DATA SHOWN —
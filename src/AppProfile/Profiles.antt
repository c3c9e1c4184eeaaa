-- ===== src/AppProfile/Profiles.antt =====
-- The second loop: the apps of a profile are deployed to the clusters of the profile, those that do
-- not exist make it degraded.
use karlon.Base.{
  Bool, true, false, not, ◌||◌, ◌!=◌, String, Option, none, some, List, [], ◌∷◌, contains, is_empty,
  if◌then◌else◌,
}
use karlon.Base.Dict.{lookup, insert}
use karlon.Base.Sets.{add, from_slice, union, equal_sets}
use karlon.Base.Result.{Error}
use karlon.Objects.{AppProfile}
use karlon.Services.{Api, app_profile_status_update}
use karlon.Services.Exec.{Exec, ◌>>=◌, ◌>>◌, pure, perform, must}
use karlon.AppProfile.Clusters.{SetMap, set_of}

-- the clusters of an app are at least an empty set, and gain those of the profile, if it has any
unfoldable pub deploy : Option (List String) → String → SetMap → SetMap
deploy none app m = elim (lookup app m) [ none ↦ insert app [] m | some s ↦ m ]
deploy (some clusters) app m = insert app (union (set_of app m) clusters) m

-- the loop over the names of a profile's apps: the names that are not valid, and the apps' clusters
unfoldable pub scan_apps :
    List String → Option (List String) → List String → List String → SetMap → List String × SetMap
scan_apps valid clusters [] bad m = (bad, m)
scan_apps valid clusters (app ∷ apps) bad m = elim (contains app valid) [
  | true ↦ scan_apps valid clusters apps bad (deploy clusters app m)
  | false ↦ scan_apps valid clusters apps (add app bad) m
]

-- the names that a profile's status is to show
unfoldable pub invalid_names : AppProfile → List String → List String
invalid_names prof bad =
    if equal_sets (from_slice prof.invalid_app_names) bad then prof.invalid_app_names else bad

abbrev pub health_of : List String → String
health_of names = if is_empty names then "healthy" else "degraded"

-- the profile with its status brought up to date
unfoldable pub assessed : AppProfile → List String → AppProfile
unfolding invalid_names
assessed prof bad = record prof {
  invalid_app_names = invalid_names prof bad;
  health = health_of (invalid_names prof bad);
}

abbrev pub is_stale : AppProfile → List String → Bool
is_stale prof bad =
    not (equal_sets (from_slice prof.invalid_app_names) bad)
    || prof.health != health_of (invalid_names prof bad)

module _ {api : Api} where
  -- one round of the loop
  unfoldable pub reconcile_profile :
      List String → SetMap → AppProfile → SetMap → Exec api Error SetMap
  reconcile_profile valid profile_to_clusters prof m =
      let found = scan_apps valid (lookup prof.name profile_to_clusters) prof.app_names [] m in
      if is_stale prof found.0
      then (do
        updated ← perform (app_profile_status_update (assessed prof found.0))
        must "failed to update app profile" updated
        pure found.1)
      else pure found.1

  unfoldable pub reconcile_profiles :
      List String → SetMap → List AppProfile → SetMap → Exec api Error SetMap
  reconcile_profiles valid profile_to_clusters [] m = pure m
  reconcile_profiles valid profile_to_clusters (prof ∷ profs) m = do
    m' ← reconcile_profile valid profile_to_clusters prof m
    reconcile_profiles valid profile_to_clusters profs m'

...

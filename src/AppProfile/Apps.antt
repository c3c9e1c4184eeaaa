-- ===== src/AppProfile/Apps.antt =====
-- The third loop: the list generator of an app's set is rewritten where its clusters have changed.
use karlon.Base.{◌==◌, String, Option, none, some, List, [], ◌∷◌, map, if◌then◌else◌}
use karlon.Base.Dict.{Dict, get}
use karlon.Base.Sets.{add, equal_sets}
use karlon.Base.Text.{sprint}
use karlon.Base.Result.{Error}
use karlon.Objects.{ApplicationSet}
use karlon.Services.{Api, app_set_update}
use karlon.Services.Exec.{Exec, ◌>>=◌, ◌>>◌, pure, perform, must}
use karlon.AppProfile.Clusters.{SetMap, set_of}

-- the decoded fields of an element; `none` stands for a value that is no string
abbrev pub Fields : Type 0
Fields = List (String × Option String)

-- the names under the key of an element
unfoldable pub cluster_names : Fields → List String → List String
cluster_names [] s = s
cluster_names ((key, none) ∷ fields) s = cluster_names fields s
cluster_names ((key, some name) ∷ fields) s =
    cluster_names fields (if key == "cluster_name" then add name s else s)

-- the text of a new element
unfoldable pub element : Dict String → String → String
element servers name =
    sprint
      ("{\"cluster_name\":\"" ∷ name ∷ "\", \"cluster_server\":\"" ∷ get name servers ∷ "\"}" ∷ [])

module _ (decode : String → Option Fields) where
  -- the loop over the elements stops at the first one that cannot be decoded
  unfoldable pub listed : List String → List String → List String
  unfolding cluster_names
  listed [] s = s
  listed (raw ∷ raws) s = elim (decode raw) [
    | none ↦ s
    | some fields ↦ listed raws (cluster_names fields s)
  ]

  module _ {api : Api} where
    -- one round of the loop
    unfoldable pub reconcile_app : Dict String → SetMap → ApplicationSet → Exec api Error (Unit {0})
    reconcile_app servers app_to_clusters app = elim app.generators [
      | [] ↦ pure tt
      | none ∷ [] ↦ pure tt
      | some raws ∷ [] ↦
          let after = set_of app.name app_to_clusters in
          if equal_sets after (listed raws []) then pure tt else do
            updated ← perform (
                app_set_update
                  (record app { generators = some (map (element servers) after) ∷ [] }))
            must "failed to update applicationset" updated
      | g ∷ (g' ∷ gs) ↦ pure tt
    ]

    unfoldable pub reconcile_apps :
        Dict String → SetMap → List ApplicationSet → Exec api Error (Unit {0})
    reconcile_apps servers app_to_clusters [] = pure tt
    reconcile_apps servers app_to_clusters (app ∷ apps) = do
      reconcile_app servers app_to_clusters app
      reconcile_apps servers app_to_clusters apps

---

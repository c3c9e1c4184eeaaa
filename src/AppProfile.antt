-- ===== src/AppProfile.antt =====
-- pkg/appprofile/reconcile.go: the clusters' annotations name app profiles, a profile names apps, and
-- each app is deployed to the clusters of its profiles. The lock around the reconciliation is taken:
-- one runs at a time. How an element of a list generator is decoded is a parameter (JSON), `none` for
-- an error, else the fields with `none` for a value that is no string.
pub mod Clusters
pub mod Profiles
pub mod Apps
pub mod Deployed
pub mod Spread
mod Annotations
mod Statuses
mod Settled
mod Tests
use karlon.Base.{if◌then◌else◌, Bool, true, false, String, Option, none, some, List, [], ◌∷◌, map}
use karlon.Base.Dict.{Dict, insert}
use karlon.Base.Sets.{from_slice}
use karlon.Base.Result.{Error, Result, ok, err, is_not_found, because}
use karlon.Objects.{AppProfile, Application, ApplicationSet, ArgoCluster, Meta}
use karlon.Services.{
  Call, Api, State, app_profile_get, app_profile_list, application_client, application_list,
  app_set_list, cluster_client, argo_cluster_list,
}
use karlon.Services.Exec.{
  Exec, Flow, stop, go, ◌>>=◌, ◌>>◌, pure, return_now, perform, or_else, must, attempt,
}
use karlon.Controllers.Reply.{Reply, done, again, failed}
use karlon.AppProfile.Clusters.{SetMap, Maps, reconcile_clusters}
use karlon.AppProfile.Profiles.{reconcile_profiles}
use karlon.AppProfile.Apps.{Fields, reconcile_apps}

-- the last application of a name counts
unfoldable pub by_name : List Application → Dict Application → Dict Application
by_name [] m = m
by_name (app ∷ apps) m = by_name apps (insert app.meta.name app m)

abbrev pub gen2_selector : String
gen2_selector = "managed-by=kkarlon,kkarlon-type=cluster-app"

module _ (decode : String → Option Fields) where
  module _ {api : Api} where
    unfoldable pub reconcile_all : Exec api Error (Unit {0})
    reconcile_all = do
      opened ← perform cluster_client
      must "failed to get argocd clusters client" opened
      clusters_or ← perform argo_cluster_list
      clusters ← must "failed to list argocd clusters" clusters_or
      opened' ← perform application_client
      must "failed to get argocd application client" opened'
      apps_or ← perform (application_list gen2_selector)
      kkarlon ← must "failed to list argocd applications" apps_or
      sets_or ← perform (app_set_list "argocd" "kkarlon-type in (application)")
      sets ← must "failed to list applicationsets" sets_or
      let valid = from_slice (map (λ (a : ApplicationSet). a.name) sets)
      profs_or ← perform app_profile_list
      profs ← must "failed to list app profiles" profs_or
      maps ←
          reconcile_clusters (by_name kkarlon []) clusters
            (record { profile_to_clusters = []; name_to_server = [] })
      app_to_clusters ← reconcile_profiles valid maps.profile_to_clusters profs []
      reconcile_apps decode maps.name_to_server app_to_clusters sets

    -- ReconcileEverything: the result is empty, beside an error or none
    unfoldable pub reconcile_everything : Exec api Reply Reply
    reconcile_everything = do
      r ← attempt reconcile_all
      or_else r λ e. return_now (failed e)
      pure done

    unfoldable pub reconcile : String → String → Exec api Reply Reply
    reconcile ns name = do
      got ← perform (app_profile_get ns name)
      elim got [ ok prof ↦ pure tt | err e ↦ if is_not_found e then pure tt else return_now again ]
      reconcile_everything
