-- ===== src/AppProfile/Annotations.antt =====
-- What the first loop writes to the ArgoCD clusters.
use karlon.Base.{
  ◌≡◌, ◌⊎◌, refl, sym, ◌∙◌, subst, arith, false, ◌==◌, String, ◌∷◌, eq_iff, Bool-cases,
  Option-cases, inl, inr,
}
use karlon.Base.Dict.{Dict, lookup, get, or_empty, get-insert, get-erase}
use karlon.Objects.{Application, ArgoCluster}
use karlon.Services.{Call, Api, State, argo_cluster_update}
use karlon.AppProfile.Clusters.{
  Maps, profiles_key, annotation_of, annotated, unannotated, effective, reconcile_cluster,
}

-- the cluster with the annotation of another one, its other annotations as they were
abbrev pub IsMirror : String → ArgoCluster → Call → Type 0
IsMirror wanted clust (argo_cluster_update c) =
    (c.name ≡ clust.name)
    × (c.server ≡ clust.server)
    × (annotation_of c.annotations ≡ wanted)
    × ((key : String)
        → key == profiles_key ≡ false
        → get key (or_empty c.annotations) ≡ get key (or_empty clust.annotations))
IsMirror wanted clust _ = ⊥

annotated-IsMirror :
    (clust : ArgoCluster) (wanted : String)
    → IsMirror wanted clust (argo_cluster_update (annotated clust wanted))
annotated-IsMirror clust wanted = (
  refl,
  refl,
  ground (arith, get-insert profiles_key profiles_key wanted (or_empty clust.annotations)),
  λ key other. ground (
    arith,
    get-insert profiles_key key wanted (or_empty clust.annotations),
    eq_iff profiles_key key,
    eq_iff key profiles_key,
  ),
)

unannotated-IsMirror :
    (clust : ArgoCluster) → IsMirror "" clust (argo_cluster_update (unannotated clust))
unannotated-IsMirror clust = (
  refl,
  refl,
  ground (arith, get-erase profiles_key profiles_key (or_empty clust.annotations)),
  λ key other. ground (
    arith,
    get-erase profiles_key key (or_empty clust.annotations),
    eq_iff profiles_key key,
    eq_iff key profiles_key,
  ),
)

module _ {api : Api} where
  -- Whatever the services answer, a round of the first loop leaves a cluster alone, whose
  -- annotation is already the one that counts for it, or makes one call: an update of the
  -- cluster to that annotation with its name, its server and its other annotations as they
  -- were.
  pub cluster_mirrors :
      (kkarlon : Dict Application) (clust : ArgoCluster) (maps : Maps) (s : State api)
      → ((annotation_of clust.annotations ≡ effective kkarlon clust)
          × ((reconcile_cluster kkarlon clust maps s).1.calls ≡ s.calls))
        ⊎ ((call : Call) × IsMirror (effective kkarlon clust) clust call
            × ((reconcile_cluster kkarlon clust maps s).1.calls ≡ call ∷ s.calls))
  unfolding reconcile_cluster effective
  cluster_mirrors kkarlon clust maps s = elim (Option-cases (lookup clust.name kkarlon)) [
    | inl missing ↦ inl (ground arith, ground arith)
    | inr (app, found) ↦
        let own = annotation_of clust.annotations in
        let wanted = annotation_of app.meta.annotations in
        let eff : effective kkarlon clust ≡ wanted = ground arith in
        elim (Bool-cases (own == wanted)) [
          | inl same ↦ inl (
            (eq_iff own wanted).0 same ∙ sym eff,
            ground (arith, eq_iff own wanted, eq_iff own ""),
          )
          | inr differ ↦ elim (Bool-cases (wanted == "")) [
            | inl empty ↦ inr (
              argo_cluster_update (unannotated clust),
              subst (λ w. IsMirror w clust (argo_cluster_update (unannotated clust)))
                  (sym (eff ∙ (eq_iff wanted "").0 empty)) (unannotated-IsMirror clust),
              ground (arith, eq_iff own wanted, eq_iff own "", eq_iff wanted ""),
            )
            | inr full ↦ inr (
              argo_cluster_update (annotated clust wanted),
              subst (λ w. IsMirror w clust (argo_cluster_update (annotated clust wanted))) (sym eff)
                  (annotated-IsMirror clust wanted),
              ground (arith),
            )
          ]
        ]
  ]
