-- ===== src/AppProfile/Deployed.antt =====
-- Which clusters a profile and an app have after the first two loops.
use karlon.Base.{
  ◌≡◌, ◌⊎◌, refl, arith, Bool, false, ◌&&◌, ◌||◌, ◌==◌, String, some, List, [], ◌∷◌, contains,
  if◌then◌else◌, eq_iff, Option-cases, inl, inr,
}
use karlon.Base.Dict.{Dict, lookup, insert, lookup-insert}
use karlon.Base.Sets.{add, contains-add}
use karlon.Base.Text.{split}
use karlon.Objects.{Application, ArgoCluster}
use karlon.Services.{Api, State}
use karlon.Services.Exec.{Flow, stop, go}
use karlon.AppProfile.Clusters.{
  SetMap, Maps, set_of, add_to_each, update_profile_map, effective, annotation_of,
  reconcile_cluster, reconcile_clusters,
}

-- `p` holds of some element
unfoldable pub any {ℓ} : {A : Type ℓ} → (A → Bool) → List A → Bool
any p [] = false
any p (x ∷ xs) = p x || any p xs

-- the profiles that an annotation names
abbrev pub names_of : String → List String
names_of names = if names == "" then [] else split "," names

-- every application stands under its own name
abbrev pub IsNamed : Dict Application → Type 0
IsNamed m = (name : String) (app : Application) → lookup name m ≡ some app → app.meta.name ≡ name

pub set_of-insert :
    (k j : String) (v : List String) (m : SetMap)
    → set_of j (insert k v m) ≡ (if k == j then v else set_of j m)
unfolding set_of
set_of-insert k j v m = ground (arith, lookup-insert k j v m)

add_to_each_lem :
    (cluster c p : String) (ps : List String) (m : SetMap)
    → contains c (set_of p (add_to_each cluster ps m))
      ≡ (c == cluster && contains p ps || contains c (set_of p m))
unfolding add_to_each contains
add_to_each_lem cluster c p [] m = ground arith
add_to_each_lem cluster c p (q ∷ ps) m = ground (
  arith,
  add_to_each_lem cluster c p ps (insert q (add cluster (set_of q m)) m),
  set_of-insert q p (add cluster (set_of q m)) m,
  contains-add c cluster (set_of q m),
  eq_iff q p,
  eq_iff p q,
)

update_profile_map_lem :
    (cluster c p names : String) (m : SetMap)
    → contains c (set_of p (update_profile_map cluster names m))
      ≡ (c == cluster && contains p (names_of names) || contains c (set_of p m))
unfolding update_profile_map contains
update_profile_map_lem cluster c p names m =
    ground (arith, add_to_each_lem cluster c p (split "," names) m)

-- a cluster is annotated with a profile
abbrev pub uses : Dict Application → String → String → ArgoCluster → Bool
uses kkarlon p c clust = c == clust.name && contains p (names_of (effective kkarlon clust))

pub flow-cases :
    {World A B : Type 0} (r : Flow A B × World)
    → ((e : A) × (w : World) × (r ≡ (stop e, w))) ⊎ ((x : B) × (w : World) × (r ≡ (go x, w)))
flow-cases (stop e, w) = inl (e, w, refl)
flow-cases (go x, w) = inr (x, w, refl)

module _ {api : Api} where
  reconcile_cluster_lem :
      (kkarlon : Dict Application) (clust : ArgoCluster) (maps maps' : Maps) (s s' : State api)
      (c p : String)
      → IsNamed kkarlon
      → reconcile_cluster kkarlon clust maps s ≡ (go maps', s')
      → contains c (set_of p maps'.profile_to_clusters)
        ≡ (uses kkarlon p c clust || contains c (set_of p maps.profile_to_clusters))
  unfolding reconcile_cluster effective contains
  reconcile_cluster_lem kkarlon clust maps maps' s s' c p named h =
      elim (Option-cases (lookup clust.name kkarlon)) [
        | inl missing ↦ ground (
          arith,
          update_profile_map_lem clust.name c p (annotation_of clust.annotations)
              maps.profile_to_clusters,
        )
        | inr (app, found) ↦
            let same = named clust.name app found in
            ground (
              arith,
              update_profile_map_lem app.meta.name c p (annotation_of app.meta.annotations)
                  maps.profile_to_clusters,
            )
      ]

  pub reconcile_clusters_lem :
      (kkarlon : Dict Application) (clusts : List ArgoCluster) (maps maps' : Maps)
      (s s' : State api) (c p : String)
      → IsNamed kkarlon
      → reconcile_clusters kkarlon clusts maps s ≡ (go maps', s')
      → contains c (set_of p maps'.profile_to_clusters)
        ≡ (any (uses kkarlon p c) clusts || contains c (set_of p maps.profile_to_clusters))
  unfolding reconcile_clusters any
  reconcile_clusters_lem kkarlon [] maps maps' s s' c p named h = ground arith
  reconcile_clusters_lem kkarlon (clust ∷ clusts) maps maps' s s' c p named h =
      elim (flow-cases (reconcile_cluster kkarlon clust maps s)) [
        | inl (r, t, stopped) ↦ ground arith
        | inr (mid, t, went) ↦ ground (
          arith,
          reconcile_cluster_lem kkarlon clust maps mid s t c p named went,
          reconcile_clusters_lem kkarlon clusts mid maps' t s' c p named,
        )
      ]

WHAT THE TASK REQUIRES —
Each line above from the one with "unfolding invalid_names" up to and including the one with "else pure found.1" must be set down exactly, and no line outside that span may appear.

ANSWER TO THE EXERCISE —
unfolding invalid_names
assessed prof bad = record prof {
  invalid_app_names = invalid_names prof bad;
  health = health_of (invalid_names prof bad);
}

abbrev pub is_stale : AppProfile → List String → Bool
is_stale prof bad =
    not (equal_sets (from_slice prof.invalid_app_names) bad)
    || prof.health != health_of (invalid_names prof bad)

module _ {api : Api} where
  -- one round of the loop
  unfoldable pub reconcile_profile :
      List String → SetMap → AppProfile → SetMap → Exec api Error SetMap
  reconcile_profile valid profile_to_clusters prof m =
      let found = scan_apps valid (lookup prof.name profile_to_clusters) prof.app_names [] m in
      if is_stale prof found.0
      then (do
        updated ← perform (app_profile_status_update (assessed prof found.0))
        must "failed to update app profile" updated
        pure found.1)
      else pure found.1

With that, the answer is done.